Fingerprint generation#

Everything looks good, we can now generate a fingerprint. By default, ProLIF will calculate the following interactions: Hydrophobic, HBDonor, HBAcceptor, PiStacking, Anionic, Cationic, CationPi, PiCation, VdWContact. You can list all interactions that are available with the following command:

plf.Fingerprint.list_available()

['Anionic',
 'CationPi',
 'Cationic',
 'EdgeToFace',
 'FaceToFace',
 'HBAcceptor',
 'HBDonor',
 'Hydrophobic',
 'ImplicitHBAcceptor',
 'ImplicitHBDonor',
 'MetalAcceptor',
 'MetalDonor',
 'PiCation',
 'PiStacking',
 'VdWContact',
 'XBAcceptor',
 'XBDonor']

Tip

The default fingerprint will only keep track of the first group of atoms that satisfied the constraints per interaction type and residue pair.

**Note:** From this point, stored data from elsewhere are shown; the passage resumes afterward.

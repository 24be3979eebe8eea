-- ===== src/Api/Client/Get/Frame.antt =====
-- What requests change of the client.
use Prim.Native.String.{◌++◌}
use goppstats.Prelude.{
  ℕ, zero, suc, String, ◌≡◌, refl, Option, none, some, arith, string_eq, nat_eq, inl, inr,
}
use goppstats.Prelude.Int.{pos}
use goppstats.Prelude.Result.{Error, Result-cases}
use goppstats.Api.Client.{session_path, Cluster, Request, Response, Net}
use goppstats.Api.Client.Session.{
  Finish, returned, left, next_retry, rounds, authenticate, end_auth, auth_loop,
}
use goppstats.Api.Client.Get.{new_get_request, get_loop, end_get, get_fresh, rest_get}

-- The client without its session.
abbrev pub identity : Cluster → Cluster
identity c = record c { csrf_token = ""; reauth_time = pos 0 }

module _ {Float64 W : Type 0} (net : Net Float64 W) where
  identity-end_auth :
      (c : Cluster) (url : String) (f : Finish Unit × W)
      → identity (end_auth net c url f).1 ≡ identity c
  unfolding end_auth
  identity-end_auth c url (returned r, w) = refl
  identity-end_auth c url (left (some e) resp, w) = refl
  identity-end_auth c url (left none none, w) = refl
  identity-end_auth c url (left none (some resp), w) = ground arith

  pub identity-authenticate : (c : Cluster) (w : W) → identity (authenticate net c w).1 ≡ identity c
  unfolding authenticate
  identity-authenticate c w = elim (Result-cases (net.parse_url (c.base_url ++ session_path))) [
    | inl (url, e) ↦ ground (
      arith,
      e,
      identity-end_auth c url (auth_loop net c (rounds c.max_retries) 1 url none none w),
    )
    | inr (x, e) ↦ ground (arith, e)
  ]

  identity-get_loop :
      (n secs : ℕ) (url : String) (req : Request) (e : Option Error) (resp : Option Response)
      (c : Cluster) (w : W)
      → identity (get_loop net n secs url req e resp c w).1 ≡ identity c
  unfolding get_loop
  identity-get_loop zero secs url req e resp c w = refl
  identity-get_loop (suc n) secs url req e resp c w =
      let w₁ = (net.send req w).1 in
      let (a, c', w₂) = authenticate net c w₁ in
      elim (Result-cases (net.send req w).0) [
        | inl (resp', s) ↦ elim (Result-cases (new_get_request net c' url)) [
          | inl (req', q) ↦ ground (
            arith,
            s,
            q,
            identity-authenticate c w₁,
            identity-get_loop n secs url req' none (some resp') c' w₂,
          )
          | inr (x, q) ↦ ground (arith, s, q, identity-authenticate c w₁)
        ]
        | inr (x, s) ↦ ground (
          arith,
          s,
          identity-get_loop n (next_retry secs) url req (some x) none c (net.wait secs w₁).1,
        )
      ]

  cluster-end_get : (f : Finish String × Cluster × W) → (end_get net f).1 ≡ f.1
  unfolding end_get
  cluster-end_get (returned r, c, w) = refl
  cluster-end_get (left (some e) resp, c, w) = refl
  cluster-end_get (left none none, c, w) = refl
  cluster-end_get (left none (some resp), c, w) = ground arith

  identity-get_fresh :
      (c : Cluster) (endpoint : String) (w : W)
      → identity (get_fresh net c endpoint w).1 ≡ identity c
  unfolding get_fresh
  identity-get_fresh c endpoint w = elim (Result-cases (net.parse_url (c.base_url ++ endpoint))) [
    | inl (url, e) ↦ elim (Result-cases (new_get_request net c url)) [
      | inl (req, q) ↦
          let loop = get_loop net (rounds c.max_retries) 1 url req none none c w in
          ground (
            arith,
            e,
            q,
            cluster-end_get loop,
            identity-get_loop (rounds c.max_retries) 1 url req none none c w,
          )
      | inr (x, q) ↦ ground (arith, e, q)
    ]
    | inr (x, e) ↦ ground (arith, e)
  ]

  -- A request changes the client's CSRF token and the time of its next authentication, nothing else.
  pub identity-rest_get :
      (c : Cluster) (endpoint : String) (w : W)
      → identity (rest_get net c endpoint w).1 ≡ identity c
  unfolding rest_get
  identity-rest_get c endpoint w =
      let (a, c', w₁) = authenticate net c w in
      ground (
        arith,
        identity-authenticate c w,
        identity-get_fresh c endpoint w,
        identity-get_fresh c' endpoint w₁,
      )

If you want to keep track of all possible interactions to generate a count-fingerprint (e.g. when there are two atoms in the ligand that make an HBond-donor interaction with residue X), use plf.Fingerprint(count=True). This is also quite useful for visualization purposes as you can then display the atom pair that has the shortest distance which will look more accurate. This fingerprint type is however a bit slower to compute.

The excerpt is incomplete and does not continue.